▸ **Task directions**
Return only that part of the material below which starts with the line containing "g ≡ (ok b, s')" and goes on through the line containing "f) s ≡ (err e, s')", restated exactly.

▸ **Records provided**
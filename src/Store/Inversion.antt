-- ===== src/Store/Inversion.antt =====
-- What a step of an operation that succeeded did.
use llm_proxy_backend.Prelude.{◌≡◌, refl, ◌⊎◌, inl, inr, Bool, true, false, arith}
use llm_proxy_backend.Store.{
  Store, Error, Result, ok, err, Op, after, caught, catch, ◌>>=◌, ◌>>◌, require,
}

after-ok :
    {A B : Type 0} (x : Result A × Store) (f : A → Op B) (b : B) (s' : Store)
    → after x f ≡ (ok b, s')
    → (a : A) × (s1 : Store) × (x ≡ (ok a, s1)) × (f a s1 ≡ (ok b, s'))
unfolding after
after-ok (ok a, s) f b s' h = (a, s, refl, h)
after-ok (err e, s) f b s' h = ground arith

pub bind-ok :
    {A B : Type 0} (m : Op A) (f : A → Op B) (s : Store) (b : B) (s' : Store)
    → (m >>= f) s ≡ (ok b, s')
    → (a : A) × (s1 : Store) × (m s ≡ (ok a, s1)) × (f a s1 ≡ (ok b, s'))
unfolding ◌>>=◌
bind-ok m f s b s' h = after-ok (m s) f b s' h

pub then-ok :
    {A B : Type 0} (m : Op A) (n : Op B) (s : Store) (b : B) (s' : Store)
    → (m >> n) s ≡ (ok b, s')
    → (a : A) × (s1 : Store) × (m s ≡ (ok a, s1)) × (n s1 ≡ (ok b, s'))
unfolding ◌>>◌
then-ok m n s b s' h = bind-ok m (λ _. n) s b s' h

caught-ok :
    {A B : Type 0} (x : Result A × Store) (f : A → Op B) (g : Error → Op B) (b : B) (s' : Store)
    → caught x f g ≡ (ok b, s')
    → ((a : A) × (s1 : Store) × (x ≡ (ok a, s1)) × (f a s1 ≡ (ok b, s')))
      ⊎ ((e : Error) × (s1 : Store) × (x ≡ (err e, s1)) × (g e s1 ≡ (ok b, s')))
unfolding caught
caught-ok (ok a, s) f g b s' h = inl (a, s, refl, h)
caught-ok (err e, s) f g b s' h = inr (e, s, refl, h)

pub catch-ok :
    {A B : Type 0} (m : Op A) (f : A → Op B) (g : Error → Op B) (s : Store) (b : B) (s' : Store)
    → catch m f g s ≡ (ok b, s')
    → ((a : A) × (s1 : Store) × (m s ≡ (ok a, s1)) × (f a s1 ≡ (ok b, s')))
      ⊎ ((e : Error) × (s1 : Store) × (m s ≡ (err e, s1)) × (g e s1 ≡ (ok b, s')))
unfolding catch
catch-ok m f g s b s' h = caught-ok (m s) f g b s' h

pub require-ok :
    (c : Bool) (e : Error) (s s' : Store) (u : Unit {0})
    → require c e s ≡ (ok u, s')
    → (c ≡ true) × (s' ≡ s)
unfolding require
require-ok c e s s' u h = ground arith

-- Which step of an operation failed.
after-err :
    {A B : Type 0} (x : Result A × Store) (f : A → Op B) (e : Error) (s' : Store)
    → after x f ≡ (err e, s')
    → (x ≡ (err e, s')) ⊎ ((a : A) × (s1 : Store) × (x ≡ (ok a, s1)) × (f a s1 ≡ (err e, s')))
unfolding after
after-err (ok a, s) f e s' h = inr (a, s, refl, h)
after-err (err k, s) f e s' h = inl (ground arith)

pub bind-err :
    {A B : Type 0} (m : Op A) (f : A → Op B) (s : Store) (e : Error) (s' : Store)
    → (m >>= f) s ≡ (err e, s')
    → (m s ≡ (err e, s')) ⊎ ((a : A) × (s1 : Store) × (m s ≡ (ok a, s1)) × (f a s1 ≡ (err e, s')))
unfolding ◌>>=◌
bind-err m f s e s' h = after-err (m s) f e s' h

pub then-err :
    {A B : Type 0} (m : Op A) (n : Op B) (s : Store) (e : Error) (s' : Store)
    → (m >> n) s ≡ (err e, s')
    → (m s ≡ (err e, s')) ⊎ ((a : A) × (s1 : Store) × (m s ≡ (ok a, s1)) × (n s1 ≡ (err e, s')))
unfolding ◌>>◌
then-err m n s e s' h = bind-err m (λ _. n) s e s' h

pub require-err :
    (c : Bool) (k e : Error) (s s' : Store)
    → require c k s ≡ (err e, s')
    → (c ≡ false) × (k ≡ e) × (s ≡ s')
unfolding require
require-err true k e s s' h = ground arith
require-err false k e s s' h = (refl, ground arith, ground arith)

--

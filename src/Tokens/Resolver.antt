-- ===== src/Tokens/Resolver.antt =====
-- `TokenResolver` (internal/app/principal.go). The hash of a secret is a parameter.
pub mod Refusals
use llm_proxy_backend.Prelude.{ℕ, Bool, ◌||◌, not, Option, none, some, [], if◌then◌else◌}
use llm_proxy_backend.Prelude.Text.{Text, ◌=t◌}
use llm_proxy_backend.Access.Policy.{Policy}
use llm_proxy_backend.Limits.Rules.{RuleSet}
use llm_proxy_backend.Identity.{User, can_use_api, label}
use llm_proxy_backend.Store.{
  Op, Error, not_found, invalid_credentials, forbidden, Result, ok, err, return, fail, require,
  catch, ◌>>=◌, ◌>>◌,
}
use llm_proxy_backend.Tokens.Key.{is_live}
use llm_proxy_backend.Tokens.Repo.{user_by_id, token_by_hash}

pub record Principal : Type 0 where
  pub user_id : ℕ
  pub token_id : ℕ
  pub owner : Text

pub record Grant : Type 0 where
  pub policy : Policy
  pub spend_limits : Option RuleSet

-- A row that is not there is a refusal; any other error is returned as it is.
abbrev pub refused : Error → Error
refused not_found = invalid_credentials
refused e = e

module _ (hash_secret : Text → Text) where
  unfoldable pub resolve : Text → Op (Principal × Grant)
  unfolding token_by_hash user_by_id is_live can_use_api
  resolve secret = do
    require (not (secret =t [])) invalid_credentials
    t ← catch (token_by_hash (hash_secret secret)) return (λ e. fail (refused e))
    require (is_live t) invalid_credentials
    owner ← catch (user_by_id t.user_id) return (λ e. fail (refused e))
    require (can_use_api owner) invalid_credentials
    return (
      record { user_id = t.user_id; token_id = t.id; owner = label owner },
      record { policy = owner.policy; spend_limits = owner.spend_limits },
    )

==

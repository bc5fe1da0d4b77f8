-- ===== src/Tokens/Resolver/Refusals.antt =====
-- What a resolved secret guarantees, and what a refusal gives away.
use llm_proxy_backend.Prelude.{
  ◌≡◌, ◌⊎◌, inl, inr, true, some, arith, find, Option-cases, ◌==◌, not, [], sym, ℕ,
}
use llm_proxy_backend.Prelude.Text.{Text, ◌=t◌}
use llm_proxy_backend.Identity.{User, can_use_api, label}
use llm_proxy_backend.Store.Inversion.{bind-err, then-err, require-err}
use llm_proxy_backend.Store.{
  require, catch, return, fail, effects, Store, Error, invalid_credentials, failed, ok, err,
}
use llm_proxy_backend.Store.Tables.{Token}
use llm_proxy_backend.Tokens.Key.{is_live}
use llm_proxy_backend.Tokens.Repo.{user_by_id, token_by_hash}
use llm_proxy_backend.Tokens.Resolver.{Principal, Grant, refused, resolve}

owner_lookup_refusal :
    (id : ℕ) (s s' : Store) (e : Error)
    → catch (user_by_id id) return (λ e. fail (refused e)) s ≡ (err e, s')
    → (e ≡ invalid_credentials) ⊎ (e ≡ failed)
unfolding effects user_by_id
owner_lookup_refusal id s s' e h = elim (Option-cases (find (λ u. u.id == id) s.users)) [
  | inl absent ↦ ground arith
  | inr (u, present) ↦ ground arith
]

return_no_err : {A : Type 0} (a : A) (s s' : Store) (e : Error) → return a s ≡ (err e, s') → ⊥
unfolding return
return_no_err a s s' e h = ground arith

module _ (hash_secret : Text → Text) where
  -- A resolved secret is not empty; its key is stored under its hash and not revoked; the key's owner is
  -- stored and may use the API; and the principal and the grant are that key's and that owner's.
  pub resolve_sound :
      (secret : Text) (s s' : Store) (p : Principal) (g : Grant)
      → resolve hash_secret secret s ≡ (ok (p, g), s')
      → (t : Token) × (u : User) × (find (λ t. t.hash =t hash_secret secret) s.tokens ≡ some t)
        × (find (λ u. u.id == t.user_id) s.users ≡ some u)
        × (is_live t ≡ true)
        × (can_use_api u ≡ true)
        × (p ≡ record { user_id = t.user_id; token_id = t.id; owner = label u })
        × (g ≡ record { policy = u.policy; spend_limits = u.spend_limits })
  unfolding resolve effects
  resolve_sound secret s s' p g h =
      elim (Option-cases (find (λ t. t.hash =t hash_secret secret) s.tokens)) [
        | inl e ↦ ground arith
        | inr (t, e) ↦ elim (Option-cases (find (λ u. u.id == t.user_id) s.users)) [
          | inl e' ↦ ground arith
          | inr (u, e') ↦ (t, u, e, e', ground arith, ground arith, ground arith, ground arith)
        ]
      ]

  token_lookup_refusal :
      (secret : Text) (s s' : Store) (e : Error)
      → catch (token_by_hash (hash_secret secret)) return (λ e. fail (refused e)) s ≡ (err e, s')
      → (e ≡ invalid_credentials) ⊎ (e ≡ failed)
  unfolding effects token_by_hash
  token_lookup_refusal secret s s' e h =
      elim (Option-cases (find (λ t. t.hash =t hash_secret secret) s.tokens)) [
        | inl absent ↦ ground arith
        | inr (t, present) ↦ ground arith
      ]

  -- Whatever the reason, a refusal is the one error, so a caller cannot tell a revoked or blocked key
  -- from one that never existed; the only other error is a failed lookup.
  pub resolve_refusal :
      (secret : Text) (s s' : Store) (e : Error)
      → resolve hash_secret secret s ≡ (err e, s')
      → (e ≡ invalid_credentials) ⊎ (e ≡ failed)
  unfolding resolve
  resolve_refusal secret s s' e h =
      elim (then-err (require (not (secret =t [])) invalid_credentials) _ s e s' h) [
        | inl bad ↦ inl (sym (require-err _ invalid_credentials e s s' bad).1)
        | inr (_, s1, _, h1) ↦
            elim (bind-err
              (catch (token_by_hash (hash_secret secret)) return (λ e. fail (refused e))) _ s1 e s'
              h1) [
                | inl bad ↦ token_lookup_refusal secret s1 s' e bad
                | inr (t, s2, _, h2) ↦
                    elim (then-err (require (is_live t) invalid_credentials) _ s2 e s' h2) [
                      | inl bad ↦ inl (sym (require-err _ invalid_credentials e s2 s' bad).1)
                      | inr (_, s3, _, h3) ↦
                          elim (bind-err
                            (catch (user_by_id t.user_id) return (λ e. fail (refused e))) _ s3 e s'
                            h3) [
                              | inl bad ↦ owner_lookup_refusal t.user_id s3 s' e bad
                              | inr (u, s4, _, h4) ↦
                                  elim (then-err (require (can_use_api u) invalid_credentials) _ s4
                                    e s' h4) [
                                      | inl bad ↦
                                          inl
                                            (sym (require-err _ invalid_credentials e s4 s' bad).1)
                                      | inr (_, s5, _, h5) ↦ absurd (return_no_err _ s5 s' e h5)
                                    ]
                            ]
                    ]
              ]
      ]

▸ **Reply to the task**
    → caught x f g ≡ (ok b, s')
    → ((a : A) × (s1 : Store) × (x ≡ (ok a, s1)) × (f a s1 ≡ (ok b, s')))
      ⊎ ((e : Error) × (s1 : Store) × (x ≡ (err e, s1)) × (g e s1 ≡ (ok b, s')))
unfolding caught
caught-ok (ok a, s) f g b s' h = inl (a, s, refl, h)
caught-ok (err e, s) f g b s' h = inr (e, s, refl, h)

pub catch-ok :
    {A B : Type 0} (m : Op A) (f : A → Op B) (g : Error → Op B) (s : Store) (b : B) (s' : Store)
    → catch m f g s ≡ (ok b, s')
    → ((a : A) × (s1 : Store) × (m s ≡ (ok a, s1)) × (f a s1 ≡ (ok b, s')))
      ⊎ ((e : Error) × (s1 : Store) × (m s ≡ (err e, s1)) × (g e s1 ≡ (ok b, s')))
unfolding catch
catch-ok m f g s b s' h = caught-ok (m s) f g b s' h

pub require-ok :
    (c : Bool) (e : Error) (s s' : Store) (u : Unit {0})
    → require c e s ≡ (ok u, s')
    → (c ≡ true) × (s' ≡ s)
unfolding require
require-ok c e s s' u h = ground arith

-- Which step of an operation failed.
after-err :
    {A B : Type 0} (x : Result A × Store) (f : A → Op B) (e : Error) (s' : Store)
    → after x f ≡ (err e, s')
    → (x ≡ (err e, s')) ⊎ ((a : A) × (s1 : Store) × (x ≡ (ok a, s1)) × (f a s1 ≡ (err e, s')))
unfolding after
after-err (ok a, s) f e s' h = inr (a, s, refl, h)
after-err (err k, s) f e s' h = inl (ground arith)

pub bind-err :
    {A B : Type 0} (m : Op A) (f : A → Op B) (s : Store) (e : Error) (s' : Store)
    → (m >>= f) s ≡ (err e, s')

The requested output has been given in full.